Ces conceptions n’ont-elles pas rencontré un certain succès auprès d’Obama ?
Cass Sunstein a effectivement conseillé l’administration Obama et a pu mettre en place une trentaine de mesures, dont le « Save more tomorrow » qui organise un virement automatique d’une partie du salaire sur une caisse d’assurance afin d’encourager les gens à se constituer une épargne. Mais l’économie comportementale n’est pas marquée politiquement : en Angleterre, c’est l'ex-Premier Ministre conservateur David Cameron qui a engagé Richard Thaler pour animer une cellule officieusement appelée The Nudge Unit.
“Si je suis plutôt pessimiste concernant la lucidité des individus, je suis relativement optimiste en ce qui concerne l’avenir des organisations”
Vous avez passé trente ans à étudier les logiques retorses du Système 1 et, pourtant, vous confessez que vous en êtes toujours victime. N’est-ce pas désespérant ?
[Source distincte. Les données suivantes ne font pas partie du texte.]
-- ===== src/App/Whole.antt =====
-- A run of the server from `main` to its shutdown (main.go, wire_gen.go, App.go,
-- pkg/informer/K8sInformer.go).
use kubewatch.Common.{
  Has, List, Option, Option-cases, String, false, inl, inr, none, refl, some, ◌≡◌,
}
use kubewatch.Common.Int.{ℤ}
use kubewatch.Common.Result.{Result, err, ok}
use kubewatch.Cluster.{Pg}
use kubewatch.Informer.{K8s}
use kubewatch.Informer.Events.{SecretEvent}
use kubewatch.Watch.{ExternalConfig}
use kubewatch.Logger.{new_sugared_logger}
use kubewatch.App.{App, Closing, ClusterConfig, on_events, start_app, stop_app}
use kubewatch.App.Lifetime.{AllStopped, stop_app-start_app}
use kubewatch.App.Wiring.{Parsed, initialize_app, initialize_logged, main, main_with, new_app}

-- The configurations with which `main` started the server.
pub record StartedWith (k8s : K8s) (no_default failure : Option String) (connection : Result Pg)
    (cluster : Result ClusterConfig) (external : Result ExternalConfig) (sleep : Result ℤ)
    (app : App) : Type 0 where
  pub cluster_cfg : ClusterConfig
  pub ext : ExternalConfig
  pub timeout : ℤ
  pub has_cluster : cluster ≡ ok cluster_cfg
  pub has_external : external ≡ ok ext
  pub has_timeout : sleep ≡ ok timeout
  pub starts : start_app cluster_cfg ext k8s no_default failure connection ≡ some app

module _ (k8s : K8s) (no_default failure : Option String) (connection : Result Pg) where
  logged_start :
      (cluster : Result ClusterConfig) (external : Result ExternalConfig) (sleep : Result ℤ)
      {app : App}
      → main_with k8s no_default failure connection
          (some (initialize_logged cluster external sleep))
        ≡ some app
      → StartedWith k8s no_default failure connection cluster external sleep app
  unfolding main_with initialize_logged new_app
  logged_start (err e) external sleep h = cc
  logged_start (ok c) (err e) sleep h = cc
  logged_start (ok c) (ok x) (err e) h = cc
  logged_start (ok c) (ok x) (ok t) h = record {
    cluster_cfg = c;
    ext = x;
    timeout = t;
    has_cluster = refl;
    has_external = refl;
    has_timeout = refl;
    starts = h;
  }

  pub main-StartedWith :
      (p : Parsed) {app : App}
      → main k8s no_default failure connection p ≡ some app
      → StartedWith k8s no_default failure connection p.cluster p.external p.sleep_timeout app
  unfolding main initialize_app main_with
  main-StartedWith p h = elim (Option-cases (new_sugared_logger p.build_logger p.log_level)) [
    | inl e ↦ cc (rw (main, initialize_app, e) at h)
    | inr (log, e) ↦
        logged_start p.cluster p.external p.sleep_timeout (rw (main, initialize_app, e) at h)
  ]

  -- If `main` starts the server, then both configurations and the timeout were parsed, it handles
  -- any events of cluster secrets without a panic, and its shutdown, in any order of the clusters
  -- that leaves none out, ends with every informer of a cluster stopped, with the HTTP server closed
  -- if `Shutdown` returns no error, and with the database closed if `Close` returns none.
  pub stop_app-main :
      (closing : Closing) (key_order : List ℤ → List ℤ)
      → ((ids : List ℤ) (id : ℤ) → Has id ids → Has id (key_order ids))
      → (p : Parsed) (events : List SecretEvent) {app : App}
      → main k8s no_default failure connection p ≡ some app
      → (w : StartedWith k8s no_default failure connection p.cluster p.external p.sleep_timeout app)
        × (running : App) × (on_events w.cluster_cfg w.ext k8s events app ≡ some running)
        × (stopped : App) × (stop_app w.cluster_cfg w.ext closing key_order running ≡ some stopped)
        × (closing.shutdown_error ≡ none → stopped.server_open ≡ false)
        × (closing.close_error ≡ none → stopped.db_open ≡ false)
        × AllStopped stopped.k8s_informer
  stop_app-main closing key_order complete p events h =
      let w = main-StartedWith p h in
      let (running, handles, stopped, stops, server, db, all_stopped) =
        stop_app-start_app w.cluster_cfg w.ext k8s closing key_order complete no_default failure
          connection events w.starts in
      (w, running, handles, stopped, stops, server, db, all_stopped)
La dimension automatique du Système 1 fait qu’il nous est très difficile de prendre conscience de nos erreurs. Par contre, il est tout à fait possible de repérer les failles de raisonnement chez les autres. Si je suis donc plutôt pessimiste concernant la lucidité des individus, je suis relativement optimiste en ce qui concerne l’avenir des organisations. Il s’agit d’enrichir le langage courant avec des expressions parlantes, telles que « l’effet de halo », « l’aversion aux risques », « l’illusion de validité » ou encore « l’effet de cadrage » qui pointent l’influence que la formulation même d’un problème exerce sur notre décision. Nous ne pouvons pas grand-chose contre nos propres illusions, mais nous pouvons nous doter d’un langage assez sophistiqué afin que les uns puissent mettre en lumière les biais cognitifs des autres – et inversement.